Rainbow Rare Earths Ltd has announced that work on the preliminary economic assessment (PEA) for the Phalaborwa rare earths project in South Africa has commenced.

Independent test work carried out to date has confirmed that the phosphogypsum at Phalaborwa is amenable to direct leaching with sulfuric acid for extraction of the contained rare earths. The resultant pregnant leach solution, after acid recovery, will be a suitable feedstock for purification and separation of the valuable rare earths. The PEA will compare a conventional route to produce a Cerium-depleted mixed rare earths carbonate versus an alternative flow sheet that bypasses the carbonate stage and delivers three higher value products, comprising neodymium and praseodymium (NdPr) oxide, terbium (Tb) oxide and dysprosium (Dy) oxide. The results will then guide the direction for development of a pre-feasibility study.

The scope of the PEA has been enlarged from the original plan to now include a downstream processing step, as an alternative to the original flowsheet which will produce a mixed rare earth carbonate. This is possible at Phalaborwa owing to the fact that the rare earths contained in the phosphogypsum are in a ‘cracked’ chemical form. Further downstream processing to separate and purify individual oxides is anticipated to deliver the following benefits compared to a traditional flowsheet:

  • The enhanced flowsheet is expected to be capable of delivering a higher value product, delivering the full value of the separated rare earth metal oxides. By comparison, Rainbow's Gakara project produces a high-grade mineral concentrate, which has been sold to China for further downstream beneficiation/processing, realising approximately 30% of the contained rare earths metal oxide value. The traditional flowsheet at Phalaborwa would produce a mixed rare earth carbonate, realising approximately 60% – 65% of the contained metal oxide value, compared to 100% of the metal oxide value the company would achieve by going further downstream to produce separated individual oxides as a per the enlarged PEA scope of work.
  • Capital and operating expenditure cost savings are expected compared to the initial traditional flow sheet to produce a mixed rare earth carbonate for further processing in a dedicated separation facility.
  • Only the high value rare earths will be separated and recovered (Nd, Pr, Tb and Dy which represent 95% of the Phalaborwa rare earths basket value), thereby enabling the company to capture the full benefit of additional value from downstream processing, without superfluous capital and operating expenditure which would be needed to separate all the individual rare earth elements present in the stacks.
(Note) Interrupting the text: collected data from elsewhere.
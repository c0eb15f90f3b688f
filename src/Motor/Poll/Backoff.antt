-- ===== src/Motor/Poll/Backoff.antt =====
-- The retries of a setup that failed: after how many polls the next one comes.
use technosoft_tml_motor.Prelude.{
  ℕ, zero, suc, ◌^◌, ◌≡◌, refl, sym, ap, ◌∙◌, true, false, some, List, [], ◌∷◌, get_elem?,
  if◌then◌else◌, if_cases, ltb, arith,
}
use mathlib.Core.Path.{subst}
use technosoft_tml_motor.Motor.Calls.{Calls}
use technosoft_tml_motor.Motor.Axis.{Axis, Controller, Io, update_at}
use technosoft_tml_motor.Motor.Poll.{
  Polled, next_backoff, reinit_failed, waited, poll, poll_of, poll_reinit,
}

-- So many failures in a row.
abbrev pub fails : ℕ → Axis → Axis
fails zero a = a
fails (suc n) a = reinit_failed (fails n a)

abbrev delay : ℕ → ℕ
delay n = if ltb n 5 then 2 ^ n else 30

next_backoff-delay : (n : ℕ) → next_backoff (delay n) ≡ delay (suc n)
unfolding next_backoff
next_backoff-delay zero = refl
next_backoff-delay (suc zero) = refl
next_backoff-delay (suc (suc zero)) = refl
next_backoff-delay (suc (suc (suc zero))) = refl
next_backoff-delay (suc (suc (suc (suc zero)))) = refl
next_backoff-delay (suc (suc (suc (suc (suc n))))) = ground arith

backoff_after : (n : ℕ) (a : Axis) → a.backoff ≡ 1 → (fails n a).backoff ≡ delay n
unfolding reinit_failed
backoff_after zero a h = h
backoff_after (suc n) a h = ap next_backoff (backoff_after n a h) ∙ next_backoff-delay n

-- After n + 1 failed reinitialisations in a row, counted from a delay of 1, the next one waits for
-- 2 ^ n polls where n is below 5, and for 30 from then on.
pub countdown-fails :
    (n : ℕ) (a : Axis)
    → a.backoff ≡ 1
    → (fails (suc n) a).countdown ≡ (if ltb n 5 then 2 ^ n else 30)
unfolding reinit_failed
countdown-fails n a h = backoff_after n a h

pub get_elem?-update_at :
    (xs : List Axis) (i : ℕ) (a : Axis) (f : Axis → Axis)
    → get_elem? xs i ≡ some a
    → get_elem? (update_at xs i f) i ≡ some (f a)
get_elem?-update_at [] i a f h = cc
get_elem?-update_at (x ∷ xs) zero a f h =
    let e : x ≡ a = ground (arith, h) in ap (λ t. some (f t)) e
get_elem?-update_at (x ∷ xs) (suc i) a f h = get_elem?-update_at xs i a f h

module _ {R : Type 0} (C : Calls R) where
  abbrev pub polls : ℕ → ℕ → Controller C → Controller C
  polls zero i g = g
  polls (suc n) i g = polls n i (poll C i g).1

  -- The axis `i` waits for a setup, with `n` polls to go.
  pub record Waiting (i n : ℕ) (g : Controller C) : Type 0 where
    pub axis : Axis
    pub fd : ℕ
    pub here : get_elem? g.axes i ≡ some axis
    pub channel : g.channel_fd ≡ some fd
    pub in_use : axis.configured ≡ true
    pub to_do : axis.needs_reinit ≡ true
    pub left : axis.countdown ≡ n

  abbrev after_wait : ℕ → Controller C → Polled × Controller C
  after_wait i g = ((true, false), record g { axes = update_at g.axes i waited })

  poll_reinit-waits :
      (i n : ℕ) (a : Axis) (fd : ℕ) (g : Controller C)
      → a.countdown ≡ suc n
      → poll_reinit C i a (some fd) g ≡ after_wait i g
  unfolding poll_reinit
  poll_reinit-waits i n a fd g h =
      if_cases (λ (m : Io C Polled). m g ≡ after_wait i g) (ltb 0 a.countdown) _ _ (λ _. refl)
        (λ e. absurd (ground (arith, e)))

  poll_of-waits :
      (i n : ℕ) (a : Axis) (fd : ℕ) (g : Controller C)
      → g.channel_fd ≡ some fd
      → a.configured ≡ true
      → a.needs_reinit ≡ true
      → a.countdown ≡ suc n
      → poll_of C i (some a) g ≡ after_wait i g
  unfolding poll_of
  poll_of-waits i n a fd g channel in_use to_do left =
      if_cases (λ (r : Polled × Controller C). r ≡ after_wait i g) a.configured _ _
        (λ _.
          if_cases (λ (r : Polled × Controller C). r ≡ after_wait i g) a.needs_reinit _ _
            (λ _. ap (λ o. poll_reinit C i a o g) channel ∙ poll_reinit-waits i n a fd g left)
            (λ e. absurd (cc (e, to_do))))
        (λ e. absurd (cc (e, in_use)))

  poll-Waiting : (i n : ℕ) (g : Controller C) → Waiting i (suc n) g → poll C i g ≡ after_wait i g
  unfolding poll
  poll-Waiting i n g w =
      ap (λ o. poll_of C i o g) w.here
      ∙ poll_of-waits i n w.axis w.fd g w.channel w.in_use w.to_do w.left

  -- While an axis waits for its reinitialisation on an open channel, with n polls to go, its next
  -- n polls make no call of the library, and after them none is left to go and it still waits.
  pub polls-Waiting :
      (i n : ℕ) (g : Controller C)
      → Waiting i n g
      → ((polls n i g).lib ≡ g.lib) × Waiting i 0 (polls n i g)
  polls-Waiting i zero g w = (refl, w)
  polls-Waiting i (suc n) g w =
      let g' = (after_wait i g).1 in
      let w' : Waiting i n g' = record {
        axis = waited w.axis;
        fd = w.fd;
        here = get_elem?-update_at g.axes i w.axis waited w.here;
        channel = w.channel;
        in_use = w.in_use;
        to_do = w.to_do;
        left = omega (arith, w.left);
      } in
      let done : (poll C i g).1 ≡ g' = ap (λ r. r.1) (poll-Waiting i n g w) in
      subst (λ (h : Controller C). ((polls n i h).lib ≡ g.lib) × Waiting i 0 (polls n i h))
        (sym done) (polls-Waiting i n g' w')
The outcome of a successful trade-off study will enable Phalaborwa to deliver the increased value of the separated rare earth oxides through a single, low capital-intensity processing plant at the project site.
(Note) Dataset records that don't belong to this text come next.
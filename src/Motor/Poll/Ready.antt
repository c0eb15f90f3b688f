-- ===== src/Motor/Poll/Ready.antt =====
-- Setups and delays of the axes across poll.
use technosoft_tml_motor.Prelude.{
  ℕ, zero, suc, ◌≤◌, ◌≡◌, refl, sym, ap, ◌∙◌, Bool, true, false, ◌||◌, Option, none, some, List, [],
  ◌∷◌, All, get_elem?, if_cases, ◌==◌, ltb, ◌%◌, codes, arith,
}
use technosoft_tml_motor.Prelude.Int.{ℤ}
use technosoft_tml_motor.Motor.Calls.{Calls, srl, mer}
use technosoft_tml_motor.Motor.Axis.{Axis, Controller, Io, call, modify_axis, update_at}
use technosoft_tml_motor.Motor.Select.{
  bit_set, value_or_0, with_setup_idx, load_once, set_up, reinit_axis, select_axis,
}
use technosoft_tml_motor.Motor.Select.Ready.{
  Ready, Paced, All-update_at, update_at_twice, Readies, set_up-Keeps, set_up-needs_idx,
}
use technosoft_tml_motor.Motor.Select.SelectReady.{select_axis-Ready}
use technosoft_tml_motor.Motor.Decode.{Readings, decode, finishes, homed_at_zero}
use technosoft_tml_motor.Motor.Poll.{
  Polled, PollReads, next_backoff, without_channel, waited, reinit_failed, reinit_done, comms_lost,
  comms_failed, counted, read_slow, read_srh, read_when_slow, take_reads, finish_homing, report,
  report_reads, poll_axis, poll_selected, poll_ready, poll_reinit, poll_of, poll,
}

pub All-get_elem? :
    (P : Axis → Type 0) (xs : List Axis) (i : ℕ) (a : Axis)
    → get_elem? xs i ≡ some a
    → All P xs
    → P a
All-get_elem? P [] i a e all = absurd (ground (arith, e))
All-get_elem? P (x ∷ xs) zero a e all = let same : x ≡ a = ground (arith, e) in rw (← same) all.0
All-get_elem? P (x ∷ xs) (suc i) a e all = All-get_elem? P xs i a e all.1

next_backoff-le : (b : ℕ) → next_backoff b ≤ 30
unfolding next_backoff
next_backoff-le b = ground arith

update_at-known :
    (P : Axis → Type 0) (f : Axis → Axis) (xs : List Axis) (i : ℕ) (a : Axis)
    → get_elem? xs i ≡ some a
    → P (f a)
    → All P xs
    → All P (update_at xs i f)
update_at-known P f [] i a e h all = all
update_at-known P f (x ∷ xs) zero a e h all =
    let same : x ≡ a = ground (arith, e) in (rw same h, all.1)
update_at-known P f (x ∷ xs) (suc i) a e h all = (all.0, update_at-known P f xs i a e h all.1)

update_at-same :
    (f : Axis → Axis) (xs : List Axis) (i : ℕ) (a : Axis)
    → get_elem? xs i ≡ some a
    → f a ≡ a
    → update_at xs i f ≡ xs
update_at-same f [] i a e h = refl
update_at-same f (x ∷ xs) zero a e h =
    let same : x ≡ a = ground (arith, e) in ap (λ t. t ∷ xs) (ap f same ∙ h ∙ sym same)
update_at-same f (x ∷ xs) (suc i) a e h = ap (◌∷◌ x) (update_at-same f xs i a e h)

module _ {R : Type 0} (C : Calls R) where
  -- reinitAxis notes the index of its setup, and needs one to succeed.
  pub record Noted (i : ℕ) (g : Controller C) (r : Bool × Controller C) : Type 0 where
    pub idx : Option ℕ
    pub needed : r.0 ≡ true → (k : ℕ) × (idx ≡ some k)
    pub axes : r.1.axes ≡ update_at g.axes i (with_setup_idx idx)

  load_once-Noted :
      (i : ℕ) (a : Axis) (o : Option ℕ) (g : Controller C)
      → get_elem? g.axes i ≡ some a
      → a.setup_idx ≡ o
      → let (idx, g') = load_once C i a o g in Noted i g (set_up C a idx g')
  unfolding load_once
  load_once-Noted i a none g here e =
      let (idx, g') = load_once C i a none g in
      record { idx = idx; needed = set_up-needs_idx C a idx g'; axes = set_up-Keeps C a idx g' }
  load_once-Noted i a (some k) g here e = record {
    idx = some k;
    needed = set_up-needs_idx C a (some k) g;
    axes =
        set_up-Keeps C a (some k) g
        ∙ sym (
            update_at-same (with_setup_idx (some k)) g.axes i a here
              (ap (λ o. with_setup_idx o a) (sym e)));
  }

  pub reinit_axis-Noted :
      (i : ℕ) (a : Axis) (g : Controller C)
      → get_elem? g.axes i ≡ some a
      → Noted i g (reinit_axis C i a g)
  unfolding reinit_axis
  reinit_axis-Noted i a g here = load_once-Noted i a a.setup_idx g here refl

  read_srh-Readies : (v : ℕ) → Readies C (read_srh C v)
  unfolding read_srh
  read_srh-Readies v g h =
      if_cases (λ (r : ℕ × Controller C). All Ready r.1.axes) (bit_set v 8 || bit_set v 9) _ (0, g)
        (λ _. h) (λ _. h)

  read_when_slow-Readies : (count : ℕ) → Readies C (read_when_slow C count)
  unfolding read_when_slow read_slow
  read_when_slow-Readies count g h =
      if_cases (λ (r : _ × Controller C). All Ready r.1.axes) (count % 10 == 0) _ (none, g) (λ _. h)
        (λ _. h)

  take_reads-Readies : (i : ℕ) (a : Axis) → Readies C (take_reads C i a)
  unfolding take_reads
  take_reads-Readies i a g h =
      let g₂ =
        (call C (C.get_long_variable (codes "APOS"))
          (call C (C.get_long_variable (codes "TPOS")) g).1).1 in
      let (v, g₃) = call C (C.read_status srl) g₂ in
      let g₄ = (call C (C.read_status mer) g₃).1 in
      let g₅ = (read_srh C (value_or_0 v) g₄).1 in
      let g₆ = (read_when_slow C a.poll_count g₅).1 in
      All-update_at Ready counted g₆.axes i (λ x q. q)
        (read_when_slow-Readies a.poll_count g₅ (read_srh-Readies (value_or_0 v) g₄ h))

  finish_homing-Readies : (i : ℕ) (b : Bool) → Readies C (finish_homing C i b)
  unfolding finish_homing
  finish_homing-Readies i false g h = h
  finish_homing-Readies i true g h =
      All-update_at Ready homed_at_zero (select_axis C i g).1.axes i (λ x r. r)
        (select_axis-Ready C i g h)

  report-Readies : (i : ℕ) (a : Axis) (r : Readings) → Readies C (report C i a r)
  unfolding report decode
  report-Readies i a r g h =
      let g₁ = (modify_axis C i (decode r) g).1 in
      finish_homing-Readies i (finishes r a) g₁
        (All-update_at Ready (decode r) g.axes i (λ x q. q) h)

  report_reads-Readies :
      (i : ℕ) (a : Axis) (r : PollReads) (p : Option ℤ) (v : Option ℕ)
      → Readies C (report_reads C i a r p v)
  unfolding report_reads
  report_reads-Readies i a r none v g h = All-update_at Ready comms_failed g.axes i (λ x q. q) h
  report_reads-Readies i a r (some p) none g h =
      All-update_at Ready comms_failed g.axes i (λ x q. q) h
  report_reads-Readies i a r (some p) (some v) g h =
      report-Readies i a
        (record {
          tpos = p;
          apos = r.apos;
          srl = v;
          srh = r.reg_srh;
          mer = r.reg_mer;
          slow = r.slow;
        })
        g h

  poll_axis-Readies : (i : ℕ) (o : Option Axis) → Readies C (poll_axis C i o)
  unfolding poll_axis
  poll_axis-Readies i none g h = h
  poll_axis-Readies i (some a) g h =
      let (r, g₁) = take_reads C i a g in
      report_reads-Readies i a r r.tpos r.reg_srl g₁ (take_reads-Readies i a g h)

  poll_ready-Readies : (i : ℕ) → Readies C (poll_ready C i)
  unfolding poll_ready poll_selected
  poll_ready-Readies i g h =
      let (ok, g₁) = select_axis C i g in
      let h₁ : All Ready g₁.axes = select_axis-Ready C i g h in
      if_cases (λ (m : Io C Polled). All Ready (m g₁).1.axes) ok _ _
        (λ _. poll_axis-Readies i (get_elem? g₁.axes i) g₁ h₁)
        (λ _. All-update_at Ready comms_lost g₁.axes i (λ x q. q) h₁)

  poll_reinit-Readies :
      (i : ℕ) (a : Axis) (fd : Option ℕ) (g : Controller C)
      → get_elem? g.axes i ≡ some a
      → a.needs_reinit ≡ true
      → All Ready g.axes
      → All Ready (poll_reinit C i a fd g).1.axes
  unfolding poll_reinit reinit_failed
  poll_reinit-Readies i a none g here due h =
      All-update_at Ready without_channel g.axes i (λ x q. q) h
  poll_reinit-Readies i a (some fd) g here due h =
      if_cases (λ (m : Io C Polled). All Ready (m g).1.axes) (ltb 0 a.countdown) _ _
        (λ _. All-update_at Ready waited g.axes i (λ x q. (q.0, (omega (arith, q.1.0), q.1.1))) h)
        (λ _.
          let g₁ = (call C (C.select_channel fd) g).1 in
          let noted : Noted i g₁ (reinit_axis C i a g₁) = reinit_axis-Noted i a g₁ here in
          let paced : Paced a = (All-get_elem? Ready g.axes i a here h).1 in
          let (ok, g₂) = reinit_axis C i a g₁ in
          let whole : (f : Axis → Axis)
              → update_at g₂.axes i f ≡ update_at g.axes i (λ x. f (with_setup_idx noted.idx x)) =
            λ f.
              ap (λ t. update_at t i f) noted.axes
              ∙ update_at_twice (with_setup_idx noted.idx) f g.axes i in
          if_cases (λ (m : Io C Polled). All Ready (m g₂).1.axes) ok _ _
            (λ e. poll_ready-Readies i (modify_axis C i reinit_done g₂).1 (
              rw (whole reinit_done) (
                update_at-known Ready _ g.axes i a here
                  ((λ _ _. noted.needed e), (omega arith, omega (arith, paced.1))) h)))
            (λ _. rw (whole reinit_failed) (
              update_at-known Ready _ g.axes i a here
                ((λ _ bad. absurd (cc (bad, due))), (paced.1, next_backoff-le a.backoff)) h)))

  poll_of-Readies :
      (i : ℕ) (o : Option Axis) (g : Controller C)
      → get_elem? g.axes i ≡ o
      → All Ready g.axes
      → All Ready (poll_of C i o g).1.axes
  unfolding poll_of
  poll_of-Readies i none g here h = h
  poll_of-Readies i (some a) g here h =
      if_cases (λ (r : Polled × Controller C). All Ready r.1.axes) a.configured _ ((true, false), g)
        (λ _.
          if_cases (λ (r : Polled × Controller C). All Ready r.1.axes) a.needs_reinit _
            (poll_ready C i g) (λ due. poll_reinit-Readies i a g.channel_fd g here due h)
            (λ _. poll_ready-Readies i g h))
        (λ _. h)

  pub poll-Ready : (i : ℕ) (g : Controller C) → All Ready g.axes → All Ready (poll C i g).1.axes
  unfolding poll
  poll-Ready i g h = poll_of-Readies i (get_elem? g.axes i) g refl h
George Bennett, Rainbow Rare Earth’s CEO, said: "We are pleased to have started this important phase of the Phalaborwa Project. We have long believed that the real value in Rainbow's business model would come from developing an integrated mine-to-metal producer, which is capable of realising the full value of the underlying rare earth oxides for stakeholders and developing a responsible, independent Western supply chain.

“Owing to the unique nature of Phalaborwa, with the rare earths contained in a 'cracked' chemical form, we are already able to progress to the downstream beneficiation process by producing a mixed rare earth carbonate, rather than a mineral concentrate. Thanks to our strong technical team, who worked alongside me at MDM Engineering on a number of feasibility studies for rare earths projects, we have the internal knowledge and experience at Rainbow to identify this opportunity for a single processing flowsheet to produce individual rare earth oxides with a lower capital intensity than a traditional approach.

“I look forward to releasing the results of the PEA to the market in due course."